The present study revealed the magnitude of home delivery among women in the reproductive age group who gave birth in the preceding two years. ANC visit, occupation of mothers, traditional remedies and decision-making power were significantly associated with home delivery.
In the current study, 80% of study participants delivered their child at home and were assisted by non-skilled birth attendants which were comparable to the studies conducted in Kenya [17] , Gozamin district of Gojjam, Ethiopia [37] , where 67.7% and 75.3% of women gave birth at home.
On the other hand, this result is higher than the results of other studies conducted in Oromia region (58%) [15] , Amhara (31%) [20] , Malawi (29%) [18] , Nigeria (31.5%) [39] , Ghana (48%) [38] and Tanzania (44%) [23] . The difference of the result of the present study from those of the previous studies could be attributed to the socioeconomic, cultural factors, and geographical variation that may vary among the studies. However, nearly a similar magnitude was reported in Awi zone (84%) [29].
In this particular study; mothers’ occupation was found to be a predictor of home delivery. Mothers who are farmers were two times less likely to give birth at home compared to those who were house wife [AOR: 0.21 95% CI: 0.21 (0.08-0.57). This is supported by studies conducted in Zambia and Senegal [30,32]. This could be due to the fact that mothers who engage in agriculture (farming) activities may have their own product and income that can make them economically empowered and hence may confers little decision-making power but in contrary house wives were economically reliant on their husband’s income. This may discourage them from seeking health facility birth. Hence, empowering women may serve as a reinforcer for health facility birth.
As to the finding of this study, ANC visit was found significantly associated with home delivery. Mothers who do not attend ANC visit were five times [AOR: 95%CI: 5.1(1.6-15.8)] more likely to give birth at home as compared with mothers who do attend ANC visit.

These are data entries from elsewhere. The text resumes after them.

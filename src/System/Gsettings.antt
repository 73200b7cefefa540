-- ===== src/System/Gsettings.antt =====
-- src/proxylib/system/_posix/_gsettings.py: the listing of a schema, kept for `_CACHE_TTL` seconds, and
-- the settings of GNOME and MATE. Running `gsettings` and reading the clock are arguments.
use proxylib.Prelude.{
  ℕ, ◌-◌, Bool, false, not, ◌&&◌, Option, none, some, List, [], ◌∷◌, ◌++◌, ltb, if◌then◌else◌,
  is_nil, is_some, or_else, keep, map, length, drop, take,
}
use proxylib.Python.Exec.{Result, ok, ◌>>=◌, Exec}
use proxylib.Python.Text.{
  Text, text, strip, lstrip, rstrip, starts_with, ends_with, has_char, is_empty, nonempty, split,
  first_word, ◌==◌,
}
use proxylib.Python.Dict
use proxylib.Python.Dict.{Dict}
use proxylib.Net.{Netimps}
use proxylib.Proxy.{Proxy}
use proxylib.BypassRules.{items, parse}
use proxylib.SystemConfig.{direct, configured, ProxyConfig, empty_config}
use proxylib.SystemConfig.Settings.{proxy_at, set_proxy}

abbrev pub same_setting : Text × Text → Text × Text → Bool
same_setting (a, b) (c, d) = a == c && b == d

-- the values of a listing, by schema and key, and `_recursive_cache`
abbrev pub Listing : Type 0
Listing = Dict (Text × Text) Text

pub record Machine (S : Type 0) : Type 0 where
  pub cache : Dict Text (ℕ × Listing)
  pub rest : S

abbrev pub cache_ttl : ℕ
cache_ttl = 10

unfoldable pub without_suffix : Text → Text → Option Text
without_suffix s suffix =
    if ends_with s suffix then some (take (length s - length suffix) s) else none

-- `_base_schema`
unfoldable pub base_schema : Text → Text
base_schema schema = elim (without_suffix schema (text ".https")) [
  | some base ↦ base
  | none ↦ elim (without_suffix schema (text ".http")) [
    | some base ↦ base
    | none ↦ elim (without_suffix schema (text ".ftp")) [
      | some base ↦ base
      | none ↦ or_else (without_suffix schema (text ".socks")) schema
    ]
  ]
]

-- `text.strip(chars)`
abbrev strip_chars : Text → Text → Text
strip_chars chars s = rstrip (λ c. has_char c chars) (lstrip (λ c. has_char c chars) s)

-- the loop of `_parse_gsettings_recursive`, over the lines of the output
unfoldable pub parse_listing : Listing → List Text → Listing
parse_listing values [] = values
parse_listing values (line ∷ lines) =
    let (schema, tail) = first_word (strip line) in
    let (key, value) = first_word tail in
    let stored =
      parse_listing
        (Dict.set same_setting values (schema, key) (strip_chars (text "'") (strip value))) lines in
    let skipped = parse_listing values lines in if is_empty value then skipped else stored

-- `{**values, **child_values}`
unfoldable pub merge_listing : Listing → Listing → Listing
merge_listing values [] = values
merge_listing values ((k, v) ∷ child) = merge_listing (Dict.set same_setting values k v) child

unfoldable pub listing_of : Option (List Text) → Listing
listing_of none = []
listing_of (some lines) = parse_listing [] lines

-- the entry of the cache, while it is fresh
unfoldable pub fresh_listing : {S : Type 0} → (S → ℕ) → Text → Machine S → Option Listing
fresh_listing clock schema m = elim (Dict.get ◌==◌ m.cache schema) [
  | none ↦ none
  | some (at, values) ↦ if ltb (clock m.rest - at) cache_ttl then some values else none
]

module _ {S : Type 0} (clock : S → ℕ) (run : Text → S → Option (List Text) × S) where
  abbrev keep_listing : Text → Listing → S → Dict Text (ℕ × Listing) → Machine S
  keep_listing schema values s cache = record {
    cache = Dict.set ◌==◌ cache schema (clock s, values);
    rest = s;
  }

  -- `_gsettings_list_recursively`; `run schema` runs `gsettings list-recursively schema`
  unfoldable pub list_recursively : Text → Machine S → Listing × Machine S
  list_recursively schema m = elim (fresh_listing clock schema m) [
    | some values ↦ (values, m)
    | none ↦
        let (output, s) = run schema m.rest in
        (listing_of output, keep_listing schema (listing_of output) s m.cache)
  ]

  -- the values with those of a child schema that the listing left out
  with_child : Text → Text → Listing → Machine S → Listing × Machine S
  with_child base schema values m =
      let (child, m') = list_recursively schema m in
      let merged = merge_listing values child in
      if is_nil child then (values, m') else (merged, keep_listing base merged m'.rest m'.cache)

  -- `_gsettings_get`
  unfoldable pub gsettings_get : Text → Text → Machine S → Option Text × Machine S
  unfolding with_child
  gsettings_get schema key m =
      let base = base_schema schema in
      let (values, m') = list_recursively base m in
      let (all_values, m'') = with_child base schema values m' in
      if not (schema == base) && not (Dict.has same_setting values (schema, key))
      then (Dict.get same_setting all_values (schema, key), m'')
      else (Dict.get same_setting values (schema, key), m')

-- `_string_list`; `None` is empty
unfoldable pub string_list : Text → List Text
string_list value =
    let trimmed = strip value in
    let bare = if starts_with trimmed (text "@as ") then drop 4 trimmed else trimmed in
    keep (λ item. not (is_empty item))
      (map (strip_chars (text " '\"")) (split b',' (strip_chars (text "[]") bare)))

module _ ⦃net : Netimps⦄ where
  -- the settings of the mode "manual"
  unfoldable pub gsettings_manual : Text → Dict Text Proxy → Text → Result (Option ProxyConfig)
  gsettings_manual source proxies hosts = do
    rules ← parse (items (string_list hosts)) (text "gsettings") false
    ok (
        some (record empty_config {
          source = source;
          state = if is_nil proxies then direct else configured;
          proxies = proxies;
          bypass = rules;
        }))

module _ {S : Type 0} ⦃net : Netimps⦄ (clock : S → ℕ)
    (run : Text → S → Option (List Text) × S) where
  abbrev value_at : Text → Text → Machine S → Text × Machine S
  value_at schema key m =
      let (value, m') = gsettings_get clock run schema key m in (or_else value [], m')

  -- one turn of the loop over `_MANUAL`
  unfoldable pub manual_proxy :
      Text → Text → Text → Dict Text Proxy × Machine S → Dict Text Proxy × Machine S
  manual_proxy schema key scheme (proxies, m) =
      let child = schema ++ (text "." ++ key) in
      let (host, m1) = value_at child (text "host") m in
      let (port, m2) = value_at child (text "port") m1 in
      (set_proxy key (proxy_at host port scheme) proxies, m2)

  unfoldable pub manual_proxies : Text → Machine S → Dict Text Proxy × Machine S
  manual_proxies schema m = manual_proxy schema (text "socks") (text "socks5") (
      manual_proxy schema (text "ftp") (text "http") (
        manual_proxy schema (text "https") (text "http")
          (manual_proxy schema (text "http") (text "http") ([], m))))

  -- the settings for a mode, and the state that reading them leaves
  unfoldable pub config_for_mode : Text → Text → Option Text → Exec (Machine S) (Option ProxyConfig)
  config_for_mode schema source none m = (ok none, m)
  config_for_mode schema source (some mode) m =
      let (url, m1) = value_at schema (text "autoconfig-url") m in
      let pac_url = nonempty (strip url) in
      let (proxies, m2) = manual_proxies schema m in
      let (hosts, m3) = value_at schema (text "ignore-hosts") m2 in
      if mode == text "none"
      then (ok (some (record empty_config { source = source; state = direct })), m)
      else if mode == text "auto"
      then (
        ok (
            some (record empty_config {
              source = source;
              state = configured;
              auto_detect = not (is_some pac_url);
              pac_url = pac_url;
            })),
        m1,
      )
      else if mode == text "manual"
      then (gsettings_manual source proxies hosts, m3)
      else (ok none, m)

  -- `read_config(schema, source)`
  unfoldable pub gsettings_config : Text → Text → Exec (Machine S) (Option ProxyConfig)
  gsettings_config schema source m =
      let (mode, m') = gsettings_get clock run schema (text "mode") m in
      config_for_mode schema source mode m'
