-- ===== src/System/NetworkManager.antt =====
-- src/proxylib/system/_posix/_networkmanager.py: the settings that nmcli prints for each active
-- connection, and the settings they make. What nmcli prints is an argument; reading over D-Bus is one
-- too, as the settings it gives.
use proxylib.Prelude.{
  Bool, not, ◌&&◌, ◌||◌, Option, none, some, List, [], ◌∷◌, if◌then◌else◌, keep, map, or_else,
  is_some,
}
use proxylib.Python.Text.{Text, text, strip, is_empty, nonempty, contains, ◌==◌}
use proxylib.Python.Dict
use proxylib.Python.Dict.{Dict}
use proxylib.SystemConfig.{configured, ProxyConfig, empty_config}

-- the settings of one connection, from its three fields; fewer are passed over
unfoldable pub connection_settings : List Text → Option (Dict Text Text)
connection_settings [] = none
connection_settings (m ∷ []) = none
connection_settings (m ∷ u ∷ []) = none
connection_settings (m ∷ u ∷ s ∷ more) =
    some ((text "method", strip m) ∷ (text "pac-url", strip u) ∷ (text "pac-script", strip s) ∷ [])

unfoldable pub method_of : Dict Text Text → Text
method_of settings = or_else (Dict.get ◌==◌ settings (text "method")) []

-- `settings["method"] not in ("", "none")`
unfoldable pub is_chosen : Dict Text Text → Bool
is_chosen settings = not (is_empty (method_of settings)) && not (method_of settings == text "none")

-- the loop over the active connections; `first` is the first settings so far, which are never empty
unfoldable pub pick_connection :
    (Text → List Text) → Option (Dict Text Text) → List Text → Option (Dict Text Text)
pick_connection fields first [] = first
pick_connection fields first (uuid ∷ uuids) =
    let passed = pick_connection fields first uuids in
    elim (connection_settings (fields uuid)) [
      | none ↦ passed
      | some settings ↦
          let later = pick_connection fields (some (or_else first settings)) uuids in
          if is_chosen settings then some settings else later
    ]

-- `_proxy_settings_via_nmcli`: whether nmcli is installed, its lines for the active connections, and
-- those for one of them
unfoldable pub nmcli_settings : Bool → List Text → (Text → List Text) → Option (Dict Text Text)
nmcli_settings installed active fields =
    if not installed
    then none
    else pick_connection fields none (keep (λ u. not (is_empty u)) (map strip active))

-- `settings.get(key, "").strip() or None`
unfoldable pub stripped_at : Dict Text Text → Text → Option Text
stripped_at settings key = nonempty (strip (or_else (Dict.get ◌==◌ settings key) []))

unfoldable pub script_of : Option Text → Option Text
script_of none = none
script_of (some script) = if contains script (text "FindProxyForURL") then some script else none

-- `config_from_settings`
unfoldable pub nm_config : Dict Text Text → Option ProxyConfig
nm_config settings =
    let pac_url = stripped_at settings (text "pac-url") in
    let pac_script = script_of (stripped_at settings (text "pac-script")) in
    if not (method_of settings == text "auto")
    then none
    else some (record empty_config {
      source = text "networkmanager";
      state = configured;
      auto_detect = not (is_some pac_url || is_some pac_script);
      pac_url = pac_url;
      pac_script = pac_script;
    })

-- `read_config`: nmcli, or else D-Bus
unfoldable pub nm_read_config :
    Option (Dict Text Text) → Option (Dict Text Text) → Option ProxyConfig
nm_read_config (some []) none = none
nm_read_config none none = none
nm_read_config none (some []) = none
nm_read_config (some []) (some []) = none
nm_read_config none (some (e ∷ es)) = nm_config (e ∷ es)
nm_read_config (some []) (some (e ∷ es)) = nm_config (e ∷ es)
nm_read_config (some (e ∷ es)) other = nm_config (e ∷ es)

The finding is in line with the studies done in Oromia regional state [27], Tanzania [23], and Nigeria [40]. This could be explained due to nearly the same socio-economic status among sub-Saharan African countries. In addition, not getting adequate information and counseling about the condition of their babies and themselves may also be an additional factor which favors them in experiencing home delivery, but the opposite is true for those who do attend ANC. However, some studies argue that; ANC visits would have an inverse association with home delivery as women who are told their pregnancy is fine may feel encouraged to deliver at home [28].
The study also found that home delivery was significantly associated decision making. Mothers who decide with their husband for the place of delivery were less likely to give birth at home compared to those who decide by themselves. This finding is supported by other studies done in Zambia and Senegal [30,32]. This could be due to the fact that mothers who make decisions with their husband have highest self-confidence and transparency, and these self-confidences may give them equal opportunity and help them to exercise their right of equality. But most of the time especially in cultural society, majority of women requests permission from their husbands and relatives to go to health facility, which has been described in many studies conducted in African countries.
Furthermore, traditional remedies were also found to be another determinant factor for home delivery. Mothers who don’t prefer traditional remedies were less likely to deliver at home compared to those who prefer traditional remedies. This study was in line with the study conducted in northern part of Ethiopia in Tigray region [12], illustrating that many mothers perceive and belief pregnancy and child birth as a natural gift from God and most of the time ends up with short and easy deliveries, even the one who is in neighboring without hearing that the women is in labor. In line with this, there is a cultural belief regarding the pregnant women that blessing her to end in good outcomes. A study among women in Nigeria also came up with the same finding [39]. This could be explained by under development of modern medical management in Africa and medicalization of western country over African led them to focus on herbal and traditional remedies and healing. Furthermore, the possible reason for mothers to choose traditional remedies is not only about perception, culture and believe but also it is related to in accessibility, affordability and inequity in health coverage and service across the country.